On the images of certain $G_2$-valued automorphic Galois representations

TL;DR

This paper investigates the images of certain G_2-valued automorphic Galois representations, proving that under specific conditions, their residual images are maximally large for infinitely many primes, with applications to explicit examples.

Contribution

It establishes the largeness of residual images of G_2-valued Galois representations associated to automorphic forms, extending understanding of their image structure under automorphic conditions.

Findings

Residual images are as large as possible for infinitely many primes.

Results apply to specific examples by Chenevier, Renard, and Ta"ibi.

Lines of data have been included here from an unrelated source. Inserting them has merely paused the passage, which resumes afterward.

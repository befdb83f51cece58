-- ===== src/Terminal/Poll/Ends.antt =====
-- crates/zyris-capkit/src/terminal/mod.rs: texts whose last 40,000 characters are the same.
use zyris_protocol.Prelude.{
  ℕ, suc, ◌-◌, ◌≤◌, ◌<◌, min, max, ◌≡◌, refl, sym, ap, ◌∙◌, subst, inl, inr, not, ◌&&◌, [], ◌∷◌,
  ◌++◌, arith, ltb, leb, ◌==◌, if◌then◌else◌, ltb→lt, leb→le, Bool-cases, length, length-append,
  take, drop, take-append-drop, length-drop, drop-append, drop_same, drop_all, if-cases,
}
use zyris_protocol.Terminal.Exec.{Chars, push_capped, take_tail, tail_chars, truncation_mark}
use zyris_protocol.Terminal.Poll.{
  ExecOutput, body_of, ends_with_newline, poll_accumulated_cap, poll_max_output_chars,
}
use zyris_protocol.Terminal.Exec.Tails.{
  take_tail_lem, take_tail_short, take_tail-append, take_tail-shorter, push_capped-take_tail,
  tail_chars_long,
}
use mathlib.Core.List.{append_assoc}

-- Neither text, or both, have more.
pub record SameEnd (a b : Chars) : Type 0 where
  pub tails : take_tail a poll_max_output_chars ≡ take_tail b poll_max_output_chars
  pub lengths :
      min (length a) (suc poll_max_output_chars) ≡ min (length b) (suc poll_max_output_chars)

pub SameEnd-same : (a b : Chars) → a ≡ b → SameEnd a b
SameEnd-same a b e = record {
  tails = ap (λ t. take_tail t poll_max_output_chars) e;
  lengths = ap (λ t. min (length t) (suc poll_max_output_chars)) e;
}

pub SameEnd-trans : (a b c : Chars) → SameEnd a b → SameEnd b c → SameEnd a c
SameEnd-trans a b c h k = record { tails = h.tails ∙ k.tails; lengths = h.lengths ∙ k.lengths }

pub SameEnd-append : (a b c : Chars) → SameEnd a b → SameEnd (a ++ c) (b ++ c)
SameEnd-append a b c h = record {
  tails =
      sym (take_tail-append a c poll_max_output_chars)
      ∙ ap (λ t. take_tail (t ++ c) poll_max_output_chars) h.tails
      ∙ take_tail-append b c poll_max_output_chars;
  lengths = omega (arith, length-append a c, length-append b c, h.lengths);
}

pub SameEnd-push_capped : (a b : Chars) → SameEnd (push_capped a b poll_accumulated_cap).0 (a ++ b)
SameEnd-push_capped a b =
    subst (λ t. SameEnd t (a ++ b)) (sym (push_capped-take_tail a b poll_accumulated_cap))
      (cut (a ++ b))
  where
    cut : (x : Chars) → SameEnd (take_tail x poll_accumulated_cap) x
    cut x = record {
      tails = take_tail-shorter x poll_max_output_chars poll_accumulated_cap (omega arith);
      lengths = omega (
        arith,
        ap length (take_tail_lem x poll_accumulated_cap),
        length-drop (length x - poll_accumulated_cap) x,
      );
    }

-- What a text for the caller shows is in its last characters.
pub tail_chars-SameEnd :
    (a b : Chars) (most : ℕ)
    → most ≤ poll_max_output_chars
    → SameEnd a b
    → tail_chars a most ≡ tail_chars b most
tail_chars-SameEnd a b most h s = elim (Bool-cases (leb (length a) most)) [
  | inl short ↦ within (leb→le (length a) most short)
  | inr long ↦ over (ground (arith, long))
]
  where
    within : length a ≤ most → tail_chars a most ≡ tail_chars b most
    within k =
        ap (λ t. tail_chars t most)
          (sym (take_tail_short a poll_max_output_chars (omega (arith, h, k)))
            ∙ s.tails
            ∙ take_tail_short b poll_max_output_chars (omega (arith, h, k, s.lengths)))

    over : most < length a → tail_chars a most ≡ tail_chars b most
    over k =
        tail_chars_long a most k
        ∙ ap (λ t. truncation_mark ++ t)
            (sym (take_tail-shorter a most poll_max_output_chars h)
              ∙ ap (λ t. take_tail t most) s.tails
              ∙ take_tail-shorter b most poll_max_output_chars h)
        ∙ sym (tail_chars_long b most (omega (arith, h, k, s.lengths)))

-- A text with a line feed at its end, unless it is empty.
unfoldable pub ended_line : Chars → Chars
ended_line [] = []
ended_line (c ∷ []) = if c == 10 then c ∷ [] else c ∷ 10 ∷ []
ended_line (c ∷ d ∷ cs) = c ∷ ended_line (d ∷ cs)

finish : Chars → Chars
finish body =
    if ltb 0 (length body) && not (ends_with_newline body) then body ++ (10 ∷ []) else body

finish_lem : (x : Chars) → finish x ≡ ended_line x
unfolding finish ended_line ends_with_newline
finish_lem [] = ground arith
finish_lem (c ∷ []) = ground arith
finish_lem (c ∷ d ∷ cs) = ground (arith, finish_lem (d ∷ cs))

ended_line-append : (p q : Chars) → 0 < length q → ended_line (p ++ q) ≡ p ++ ended_line q
unfolding ended_line
ended_line-append [] q h = refl
ended_line-append (c ∷ []) [] h = absurd (omega arith)
ended_line-append (c ∷ []) (d ∷ q) h = refl
ended_line-append (c ∷ d ∷ p) q h = ap (λ t. c ∷ t) (ended_line-append (d ∷ p) q h)

length-ended_line : (x : Chars) → length x ≤ length (ended_line x)
unfolding ended_line
length-ended_line [] = omega arith
length-ended_line (c ∷ []) = ground arith
length-ended_line (c ∷ d ∷ cs) = omega (arith, length-ended_line (d ∷ cs))

-- What stands before so many characters is not in the tail.
take_tail-behind :
    (y x : Chars) (max : ℕ) → max ≤ length x → take_tail (y ++ x) max ≡ take_tail x max
take_tail-behind y x max h =
    take_tail_lem (y ++ x) max
    ∙ drop-append (length (y ++ x) - max) y x
    ∙ ap (λ t. t ++ drop (length (y ++ x) - max - length y) x)
        (drop_all (length (y ++ x) - max) y (omega (arith, length-append y x, h)))
    ∙ drop_same _ _ x (omega (arith, length-append y x, h))
    ∙ sym (take_tail_lem x max)

-- The cut of one attempt's output is not seen, if its heading is there.
pub SameEnd-body_of :
    (a : Chars) (out : ExecOutput)
    → 0 < length a
    → SameEnd (a ++ body_of out) (a ++ ended_line (out.stdout ++ out.stderr))
unfolding body_of finish
SameEnd-body_of a out h =
    if-cases (λ x. SameEnd (a ++ finish x) (a ++ ended_line (out.stdout ++ out.stderr)))
      (ltb poll_max_output_chars (length (out.stdout ++ out.stderr)))
      (λ long. cut (out.stdout ++ out.stderr) (ltb→lt _ _ long))
      (λ short. SameEnd-same _ _ (ap (λ t. a ++ t) (finish_lem (out.stdout ++ out.stderr))))
  where
    behind : (y x : Chars) → poll_max_output_chars ≤ length x → SameEnd (a ++ x) (a ++ (y ++ x))
    behind y x k = record {
      tails =
          take_tail-behind a x poll_max_output_chars k
          ∙ sym (take_tail-behind (a ++ y) x poll_max_output_chars k)
          ∙ ap (λ t. take_tail t poll_max_output_chars) (append_assoc a y x);
      lengths = omega (arith, length-append a x, length-append a (y ++ x), length-append y x, k, h);
    }

    cut :
        (f : Chars)
        → poll_max_output_chars < length f
        → SameEnd (a ++ finish (take_tail f poll_max_output_chars)) (a ++ ended_line f)
    cut f k =
        let n = length f - poll_max_output_chars in
        let q = take_tail f poll_max_output_chars in
        let full : length q ≡ poll_max_output_chars =
          ap length (take_tail_lem f poll_max_output_chars) ∙ length-drop n f ∙ omega (arith, k) in
        SameEnd-trans (a ++ finish q) (a ++ ended_line q) (a ++ ended_line f)
          (SameEnd-same _ _ (ap (λ t. a ++ t) (finish_lem q)))
          (SameEnd-trans (a ++ ended_line q) (a ++ (take n f ++ ended_line q)) (a ++ ended_line f)
            (behind (take n f) (ended_line q) (omega (arith, length-ended_line q, full)))
            (SameEnd-same _ _ (
              ap (λ t. a ++ t)
                (sym (ended_line-append (take n f) q (omega (arith, full)))
                  ∙ ap ended_line (
                      ap (λ t. take n f ++ t) (take_tail_lem f poll_max_output_chars)
                      ∙ take-append-drop n f)))))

Provides new insights into the image structure of G_2-valued Galois representations.

Abstract

In this paper we study the images of certain families $\{\rho_{\pi,\ell} \}_\ell$ of $G_2$-valued Galois representations of $\mbox{Gal}(\overline{F}/F)$ associated to $L$-algebraic regular, self-dual, cuspidal automorphic representations $\pi$ of $\mbox{GL}_7(\mathbb{A}_F)$, where $F$ is a totally real field. In particular, we prove that, under certain automorphic conditions, the images of the residual representations $\overline{\rho}_{\pi,\ell}$ are as large as possible for infinitely many primes $\ell$. Moreover, we apply our result to some examples constructed by Chenevier, Renard and Ta\"ibi.